The subsidence characteristics when GIO is implemented on the SSL of a coalmine longwall were examined in this study through in situ monitoring. In addition, the dynamic process of subsidence with grouting on the SSL and those without grouting on the SOC were compared. The research results confirm that GIO is effective in controlling the final and dynamic subsidence. The reduction ratios of the final maximum vertical displacement, horizontal displacement, and subsidence rate were 70.2, 80.4, and 77.5 %, respectively. These results indicate that the ground buildings were protected well. However, 4.6 % of the mining height subsided at a certain surface point on the SSL before GIO controlled subsidence at that point. Thus, it is considered that the greater the mining height, the more difficult it is to protect the buildings. With grouting, the duration of the active movement period was reduced by 44.2 % and the corresponding subsidence was reduced by 87.1 %, as compared to cases when no grouting is implemented. The study results also show that if GIO is terminated too early after the extraction of the working face is complete, an active phenomenon may occur during the attenuation period.
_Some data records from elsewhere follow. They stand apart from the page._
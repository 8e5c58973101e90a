-- ===== src/Master/Kept.antt =====
-- That master_run in src/master.c keeps a process in each slot while fork succeeds.
use nx_lite.Base.{
  ℕ, suc, ◌+◌, ◌<◌, ◌≤◌, ◌≡◌, sym, ◌∙◌, ap, subst, ◌⊎◌, inl, inr, true, false, not, ◌&&◌, ◌||◌,
  List, [], ◌∷◌, arith, length, get_or-set_self, get_or-set_ne, All, Bool-cases, ◌==◌,
  if◌then◌else◌, ℕ_discrete,
}
use nx_lite.Master.{
  Master, may_restart, refill, handle_child_signal, set_pid, Fork, fork_into, start_workers,
  restart_missing, Second, monitor,
}
use nx_lite.Master.Reap.{
  slot, IsSame, IsSame-refl, IsSame-trans, IsSame-may_restart, handle_child_signal-IsSame,
  handle_child_signal_taken, Forks, AllFork,
}
use nx_lite.Master.Monitor.{fork_into-IsSame, restart_slot, after_second}

-- A slot gets a process when the fork for it gives one, and the others keep theirs.
fork_into_taken :
    (i j : ℕ) (f : Fork) (m : Master)
    → may_restart m ≡ true
    → Forks f.pid
    → AllFork f.exits
    → j < length m.worker_pids
    → (i ≡ j) ⊎ (0 < slot m j)
    → 0 < slot (fork_into i f m) j
unfolding fork_into
fork_into_taken i j f m may (pid, forks) all below h =
    let signalled = handle_child_signal f.exits m in
    let long : j < length signalled.worker_pids =
      subst (λ n. j < n) (sym (handle_child_signal-IsSame f.exits m).worker_count) below in
    let goal : 0 < slot (set_pid i (suc pid) signalled) j = elim (ℕ_discrete i j) [
      | yes e ↦
          rw
            (subst (λ k. slot (set_pid k (suc pid) signalled) j ≡ suc pid) (sym e)
              (get_or-set_self signalled.worker_pids j (suc pid) 0 long))
            (omega arith)
      | no ne ↦
          let taken : 0 < slot m j = elim h [ inl e ↦ absurd (ne e) | inr t ↦ t ] in
          rw (get_or-set_ne signalled.worker_pids i j (suc pid) 0 ne)
            (handle_child_signal_taken f.exits m j may all taken)
    ] in
    subst (λ o. 0 < slot (refill i o signalled) j) (sym forks) goal

abbrev pub ForkSucceeds : Fork → Type 0
ForkSucceeds f = Forks f.pid × AllFork f.exits

restart_slot_taken :
    (i j : ℕ) (f : Fork) (m : Master)
    → may_restart m ≡ true
    → ForkSucceeds f
    → j < length m.worker_pids
    → (i ≡ j) ⊎ (0 < slot m j)
    → 0 < slot (restart_slot i f m) j
restart_slot_taken i j f m may (forks, all) below h = elim (Bool-cases (slot m i == 0)) [
  | inl e ↦ rw e (fork_into_taken i j f m may forks all below h)
  | inr e ↦ rw e (elim h [ inl same ↦ ground (arith, e, ap (slot m) same) | inr taken ↦ taken ])
]

restart_slot-IsSame : (i : ℕ) (f : Fork) (m : Master) → IsSame m (restart_slot i f m)
restart_slot-IsSame i f m =
    elim (slot m i == 0) as (λ b. IsSame m (if b then fork_into i f m else m)) [
      | true ↦ fork_into-IsSame i f m
      | false ↦ IsSame-refl m
    ]

-- A slot that has a process or is still to come.
abbrev Due : ℕ → ℕ → ℕ → Master → Type 0
Due i n j m = ((i ≤ j) × (j < i + n)) ⊎ (0 < slot m j)

Due-now :
    (i n j : ℕ) (m : Master)
    → Due i (suc n) j m
    → ((i ≡ j) ⊎ (0 < slot m j)) ⊎ ((i + 1 ≤ j) × (j < i + 1 + n))
Due-now i n j m (inr taken) = inl (inr taken)
Due-now i n j m (inl (low, high)) = elim (ℕ_discrete i j) [
  | yes e ↦ inl (inl e)
  | no ne ↦ inr (ground (arith, ne), ground arith)
]

pub restart_missing-IsSame :
    (i : ℕ) (fs : List Fork) (m : Master) → IsSame m (restart_missing i fs m)
unfolding restart_missing
restart_missing-IsSame i [] m = IsSame-refl m
restart_missing-IsSame i (f ∷ fs) m =
    IsSame-trans (restart_slot-IsSame i f m)
      (restart_missing-IsSame (i + 1) fs (restart_slot i f m))

pub restart_missing_taken :
    (i j : ℕ) (fs : List Fork) (m : Master)
    → may_restart m ≡ true
    → All ForkSucceeds fs
    → j < length m.worker_pids
    → Due i (length fs) j m
    → 0 < slot (restart_missing i fs m) j
unfolding restart_missing
restart_missing_taken i j [] m may all below (inl (low, high)) = absurd (omega arith)
restart_missing_taken i j [] m may all below (inr taken) = taken
restart_missing_taken i j (f ∷ fs) m may all below due =
    let same = restart_slot-IsSame i f m in
    restart_missing_taken (i + 1) j fs (restart_slot i f m) (IsSame-may_restart same ∙ may) all.1
      (subst (λ n. j < n) (sym same.worker_count) below)
      (elim (Due-now i (length fs) j m due) [
        | inl now ↦ inr (restart_slot_taken i j f m may all.0 below now)
        | inr later ↦ inl later
      ])

start_workers_taken :
    (i j : ℕ) (fs : List Fork) (m : Master)
    → may_restart m ≡ true
    → All ForkSucceeds fs
    → j < length m.worker_pids
    → Due i (length fs) j m
    → IsSame m (start_workers i fs m) × (0 < slot (start_workers i fs m) j)
unfolding start_workers
start_workers_taken i j [] m may all below (inl (low, high)) = absurd (omega arith)
start_workers_taken i j [] m may all below (inr taken) = (IsSame-refl m, taken)
start_workers_taken i j (f ∷ fs) m may all below due =
    let same = fork_into-IsSame i f m in
    let (rest, taken) =
      start_workers_taken (i + 1) j fs (fork_into i f m) (IsSame-may_restart same ∙ may) all.1
        (subst (λ n. j < n) (sym same.worker_count) below)
        (elim (Due-now i (length fs) j m due) [
          | inl now ↦ inr (fork_into_taken i j f m may all.0.0 all.0.1 below now)
          | inr later ↦ inl later
        ]) in
    (IsSame-trans same rest, taken)

-- A second in which no end is requested and fork succeeds wherever it is called.
abbrev pub SecondSucceeds : Second → Type 0
SecondSucceeds s = (s.requested ≡ false) × AllFork s.exits × All ForkSucceeds s.forks

monitor_taken :
    (j : ℕ) (seconds : List Second) (m : Master)
    → may_restart m ≡ true
    → All SecondSucceeds seconds
    → j < length m.worker_pids
    → 0 < slot m j
    → 0 < slot (monitor seconds m) j
unfolding monitor
monitor_taken j [] m may all below taken = taken
monitor_taken j (s ∷ seconds) m may all below taken =
    elim (m.is_running && not m.shutdown_requested)
      as (λ b. 0 < slot (elim b [ false ↦ m | true ↦ monitor seconds (after_second s m) ]) j) [
        | false ↦ taken
        | true ↦
            let (quiet, exits, forks) = all.0 in
            let handled = handle_child_signal s.exits m in
            let slept : Master = record handled {
              shutdown_requested = m.shutdown_requested || s.requested;
            } in
            let same = handle_child_signal-IsSame s.exits m in
            let still : may_restart slept ≡ true =
              ground (arith, may, quiet, same.is_running, same.is_shutting_down) in
            let long : j < length slept.worker_pids =
              subst (λ n. j < n) (sym same.worker_count) below in
            let later : IsSame slept (after_second s m) = restart_missing-IsSame 0 s.forks slept in
            monitor_taken j seconds (after_second s m) (IsSame-may_restart later ∙ still) all.1
              (subst (λ n. j < n) (sym later.worker_count) long)
              (restart_missing_taken 0 j s.forks slept still forks long
                (inr (handle_child_signal_taken s.exits m j may exits taken)))
      ]

-- A master that runs gives each slot a worker, if fork succeeds for each, and no slot is without
-- one after any number of seconds, whichever workers ended in them and whenever the master learned of
-- it, as long as each fork succeeds and no end is requested. A slot that has none, from whatever
-- state, has one after the next pass.
pub workers_kept :
    (forks : List Fork) (seconds : List Second) (m : Master)
    → may_restart m ≡ true
    → length forks ≡ length m.worker_pids
    → All ForkSucceeds forks
    → All SecondSucceeds seconds
    → (j : ℕ) → j < length m.worker_pids
    → (0 < slot (monitor seconds (start_workers 0 forks m)) j)
      × (0 < slot (restart_missing 0 forks m) j)
workers_kept forks seconds m may long all succeed j below =
    let due : Due 0 (length forks) j m = inl (omega arith, omega arith) in
    let (same, taken) = start_workers_taken 0 j forks m may all below due in
    (
      monitor_taken j seconds (start_workers 0 forks m) (IsSame-may_restart same ∙ may) succeed
          (subst (λ n. j < n) (sym same.worker_count) below) taken,
      restart_missing_taken 0 j forks m may all below due,
    )
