-- ===== src/Fullpath.antt =====
-- host-ack/stdlib/fullpath.c: `_fullpath` for ACK, which makes a path absolute component by
-- component, and common/direct/getdcwd.c, which it calls, with getcwd.c. The DOS calls are
-- parameters.
pub mod Stack
pub mod Visit
pub mod Walk
pub mod Absolute
pub mod Copies
pub mod Bounds
pub mod Faults
pub mod Examples
use libi.Base.{
  ℕ, zero, suc, ◌+◌, ◌-◌, Bool, true, false, ◌&&◌, ◌||◌, not, Option, none, some, List, [], ◌∷◌,
  ◌++◌, ◌%◌, str_eq,
}
use libi.Base.{length, take, drop, ltb, leb, ◌==◌, if◌then◌else◌}
use libi.Path.Chars.{max_path, LeadTable, dbcs_lead_p, path_sep_p, drive_letter_p}

-- Why there is no result: EINVAL, ENAMETOOLONG, ERANGE, what DOS says, no memory, an array that
-- was never written is read, or the fuel has run out.
pub data Fault : Type 0 where
  invalid too_long out_of_range dos_error no_memory undefined stuck : Fault

pub data Result (A : Type 0) : Type 0 where
  ok : A → Result A
  err : Fault → Result A

infixl 5 ◌>>=◌
abbrev pub ◌>>=◌ : {A B : Type 0} → Result A → (A → Result B) → Result B
ok a >>= f = f a
err e >>= f = err e

-- `struct _fcb` behind a call of `_parsfnm`, which has read `used` bytes.
pub record Fcb : Type 0 where
  pub used : ℕ
  pub drive : ℕ
  pub name : List ℕ
  pub ext : List ℕ

-- What DOS gives: the table of lead bytes, `_getdrive`, the current directory of a drive without
-- its root, `_parsfnm`, the system call "truename", and what stands in an array on the stack that
-- was not written; and whether there is memory.
pub record Dos : Type 0 where
  pub dbcs : LeadTable
  pub getdrive : ℕ
  pub do_getdcwd : ℕ → Option (List ℕ)
  pub parsfnm : List ℕ → Fcb
  pub do_truename : List ℕ → Option (List ℕ)
  pub unwritten : List ℕ
  pub memory : Bool

-- `out_path` up to `j`, and `comp_start` up to `n_comps`, the last one first.
pub record Buffer : Type 0 where
  pub text : List ℕ
  pub starts : List ℕ

-- `COPY`, which stands for `COPY1` too.
unfoldable pub copy_chrs : ℕ → List ℕ → List ℕ → Result (List ℕ)
copy_chrs size chrs text =
    if leb size (length chrs) || leb (size - length chrs) (length text)
    then err too_long
    else ok (text ++ chrs)

unfoldable pub dbcs_strcspn : LeadTable → List ℕ → ℕ
dbcs_strcspn dbcs [] = 0
dbcs_strcspn dbcs (c ∷ []) = if path_sep_p c then 0 else 1
dbcs_strcspn dbcs (c ∷ d ∷ p) =
    let past_one = suc (dbcs_strcspn dbcs (d ∷ p)) in
    let past_two = suc (suc (dbcs_strcspn dbcs p)) in
    if path_sep_p c then 0 else if dbcs_lead_p c dbcs then past_two else past_one

-- How much of a field of the FCB is no padding: `m` bytes are behind, the first `len` of them count.
unfoldable pub field_len : LeadTable → ℕ → ℕ → List ℕ → ℕ
field_len dbcs m len [] = len
field_len dbcs m len (c ∷ []) = if c == b' ' then len else m + 1
field_len dbcs m len (c ∷ d ∷ field) =
    let blank = field_len dbcs (m + 1) len (d ∷ field) in
    let past_one = field_len dbcs (m + 1) (m + 1) (d ∷ field) in
    let past_two = field_len dbcs (m + 2) (m + 2) field in
    if c == b' ' then blank else if dbcs_lead_p c dbcs then past_two else past_one

-- What ".." does, with the starts of the components.
unfoldable pub go_up : ℕ → List ℕ → List ℕ → Result Buffer
unfolding copy_chrs
go_up size [] text = err undefined
go_up size (last ∷ []) text = do
  text' ← copy_chrs size (b'.' ∷ b'.' ∷ 0x5c ∷ []) (take last text)
  ok (record { text = text'; starts = length text' ∷ [] })
go_up size (last ∷ before ∷ starts) text =
    ok (record { text = take before text; starts = before ∷ starts })

-- `comp_start[n_comps++] = j`, where `n_comps` was never written if there is no start yet.
unfoldable pub push_start : List ℕ → List ℕ → Result Buffer
push_start [] text = err undefined
push_start (last ∷ starts) text = ok (record { text = text; starts = length text ∷ last ∷ starts })

unfoldable pub copy_name : LeadTable → ℕ → Fcb → List ℕ → Result (List ℕ)
unfolding copy_chrs field_len
copy_name dbcs size fcb text =
    let name_len = field_len dbcs 0 0 fcb.name in
    let ext_len = field_len dbcs 0 0 fcb.ext in
    if name_len == 0 then err invalid else do
      text1 ← copy_chrs size (take name_len fcb.name) text
      text2 ←
          (if ext_len == 0 then ok text1 else do
            dotted ← copy_chrs size (b'.' ∷ []) text1
            copy_chrs size (take ext_len fcb.ext) dotted)
      copy_chrs size (0x5c ∷ []) text2

abbrev pub letter : ℕ → ℕ
letter drive = (64 + drive) % 256

abbrev pub root : ℕ → Buffer
root drive = record { text = letter drive ∷ b':' ∷ 0x5c ∷ []; starts = 3 ∷ [] }

-- The text that is returned: without the last separator, but for a root.
unfoldable pub end_text : List ℕ → List ℕ
end_text text = if ltb 3 (length text) then take (length text - 1) text else text

unfoldable pub is_network : List ℕ → Bool
is_network [] = false
is_network (c ∷ []) = false
is_network (c ∷ d ∷ path) = d == 0x5c && c == 0x5c

-- A null or an empty path is the current directory.
unfoldable pub or_dot : Option (List ℕ) → List ℕ
or_dot none = b'.' ∷ []
or_dot (some []) = b'.' ∷ []
or_dot (some (c ∷ path)) = c ∷ path

module _ (dos : Dos) where
  -- `__libi86_getdcwd_maxpath`
  unfoldable pub getdcwd_maxpath : ℕ → Result (List ℕ)
  getdcwd_maxpath drive = elim (dos.do_getdcwd drive) [
    | none ↦ err dos_error
    | some dir ↦
        ok (((64 + (if drive == 0 then dos.getdrive else drive)) % 256) ∷ b':' ∷ 0x5c ∷ dir)
  ]

  -- `_getdcwd`, for the size of the buffer or a null pointer.
  unfoldable pub getdcwd : ℕ → Option ℕ → Result (List ℕ)
  unfolding getdcwd_maxpath
  getdcwd drive none = do dir ← getdcwd_maxpath drive; if dos.memory then ok dir else err no_memory
  getdcwd drive (some size) = getdcwd_maxpath drive >>= λ dir.
      if leb max_path size
      then ok dir
      else if leb size (length dir)
      then err out_of_range
      else ok dir

  -- `_getcwd`
  unfoldable pub getcwd : Option ℕ → Result (List ℕ)
  unfolding getdcwd
  getcwd size = getdcwd 0 size

  -- `__libi86_msdos_truename`; for a short buffer the system call gets an array that was not
  -- written, and its result is not looked at.
  unfoldable pub truename : List ℕ → ℕ → Result (List ℕ)
  truename path size =
      if leb max_path size
      then elim (dos.do_truename path) [ none ↦ err dos_error | some full ↦ ok full ]
      else elim (dos.do_truename dos.unwritten) [
        | none ↦ err dos_error
        | some full ↦ if ltb size (length dos.unwritten) then err too_long else ok dos.unwritten
      ]

  -- The starts of the components of the current directory, with `pos` bytes behind.
  unfoldable pub dir_starts : ℕ → List ℕ → List ℕ → List ℕ
  dir_starts pos starts [] = starts
  dir_starts pos starts (c ∷ []) =
      if dbcs_lead_p c dos.dbcs then starts else if path_sep_p c then (pos + 1) ∷ starts else starts
  dir_starts pos starts (c ∷ d ∷ dir) =
      let past_two = dir_starts (pos + 2) starts dir in
      let past_sep = dir_starts (pos + 1) ((pos + 1) ∷ starts) (d ∷ dir) in
      let past_one = dir_starts (pos + 1) starts (d ∷ dir) in
      if dbcs_lead_p c dos.dbcs then past_two else if path_sep_p c then past_sep else past_one

  -- The separator behind the current directory.
  unfoldable pub close_dir : List ℕ → List ℕ → Buffer
  close_dir [] dir = record { text = dir ++ (0x5c ∷ []); starts = (length dir + 1) ∷ [] }
  close_dir (last ∷ starts) dir =
      if last == length dir
      then record { text = dir; starts = last ∷ starts }
      else record { text = dir ++ (0x5c ∷ []); starts = (length dir + 1) ∷ last ∷ starts }

  -- What `out_path` starts with: the current directory, or else the drive alone.
  unfoldable pub opened : ℕ → Result (List ℕ) → Buffer
  unfolding dir_starts close_dir
  opened drive (ok dir) = close_dir (dir_starts 0 [] dir) dir
  opened drive (err e) = record { text = letter drive ∷ b':' ∷ []; starts = 2 ∷ [] }

  unfoldable pub start_dir : ℕ → ℕ → Buffer
  unfolding opened getdcwd
  start_dir drive size = opened drive (getdcwd drive (some size))

  unfoldable pub start_text : ℕ → ℕ → List ℕ → Buffer × List ℕ
  unfolding start_dir
  start_text drive size [] =
      if drive == 0 then (record { text = []; starts = [] }, []) else (start_dir drive size, [])
  start_text drive size (c ∷ path) =
      if drive == 0
      then (record { text = []; starts = [] }, c ∷ path)
      else if path_sep_p c
      then (root drive, path)
      else (start_dir drive size, c ∷ path)

  -- One component of `k` bytes that has a name of its own.
  unfoldable pub add_name : ℕ → ℕ → List ℕ → Buffer → Result Buffer
  unfolding copy_name push_start
  add_name size k path buf =
      let fcb = dos.parsfnm path in
      if not (fcb.used == k) || not (fcb.drive == 0)
      then err invalid
      else do text ← copy_name dos.dbcs size fcb buf.text; push_start buf.starts text

  -- One component of `k` bytes: none, ".", ".." or a name.
  unfoldable pub component : ℕ → ℕ → List ℕ → Buffer → Result Buffer
  unfolding go_up add_name
  component size k path buf =
      if k == 0 || (k == 1 && str_eq (take k path) (b'.' ∷ []))
      then ok buf
      else if k == 2 && str_eq (take k path) (b'.' ∷ b'.' ∷ [])
      then go_up size buf.starts buf.text
      else add_name size k path buf

  unfoldable pub loop : ℕ → ℕ → List ℕ → Buffer → Result Buffer
  unfolding component dbcs_strcspn
  loop size fuel [] buf = ok buf
  loop size zero (c ∷ path) buf = err stuck
  loop size (suc fuel) (c ∷ path) buf =
      let k = dbcs_strcspn dos.dbcs (c ∷ path) in
      component size k (c ∷ path) buf >>= λ next.
      loop size fuel (drop (if k == 0 then 1 else k) (c ∷ path)) next

  -- The path behind the drive letter, and the number of the drive.
  unfoldable pub drive_of : List ℕ → Result (ℕ × List ℕ)
  unfolding drive_letter_p
  drive_of [] = ok (dos.getdrive, [])
  drive_of (c ∷ []) = ok (dos.getdrive, c ∷ [])
  drive_of (c ∷ d ∷ path) =
      if d == b':' && not (dbcs_lead_p c dos.dbcs)
      then (if drive_letter_p c
          then ok ((if leb b'A' c && leb c b'Z' then c - 64 else c - 96), path)
          else err invalid)
      else ok (dos.getdrive, c ∷ d ∷ path)

  -- `_fullpath` behind the tests of its arguments.
  unfoldable pub make_full : ℕ → List ℕ → Result (List ℕ)
  unfolding truename drive_of start_text loop end_text is_network
  make_full size path = if is_network path then truename path size else do
    (drive, rest) ← drive_of path
    let begun = start_text drive size rest
    buf ← loop size (length begun.1) begun.1 begun.0
    ok (end_text buf.text)

  -- `_fullpath`; the first argument says whether `out_path` is null.
  unfoldable pub ack_fullpath : Bool → ℕ → Option (List ℕ) → Result (List ℕ)
  unfolding make_full or_dot
  ack_fullpath allocate size path =
      if ltb size 2
      then err too_long
      else if allocate
      then (if dos.memory then make_full max_path (or_dot path) else err no_memory)
      else make_full (if ltb max_path size then max_path else size) (or_dot path)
Therefore, to achieve greater control of surface subsidence, grout injection should be continued for 1–2 months after the working face stops advancing.

It should be noted that the above surface subsidence characteristics of GIO were obtained through examination of grouting on the SSL of a longwall. Generally, it is more difficult to protect the ground buildings when GIO is implemented on the SSL than on an entire longwall. In other words, if GIO is used on an entire panel, a greater control of subsidence will be obtained. Therefore, the success of GIO on the SSL of Longwall 7226 under unfavorable conditions demonstrates that GIO is effective in controlling the surface subsidence in coal mining areas.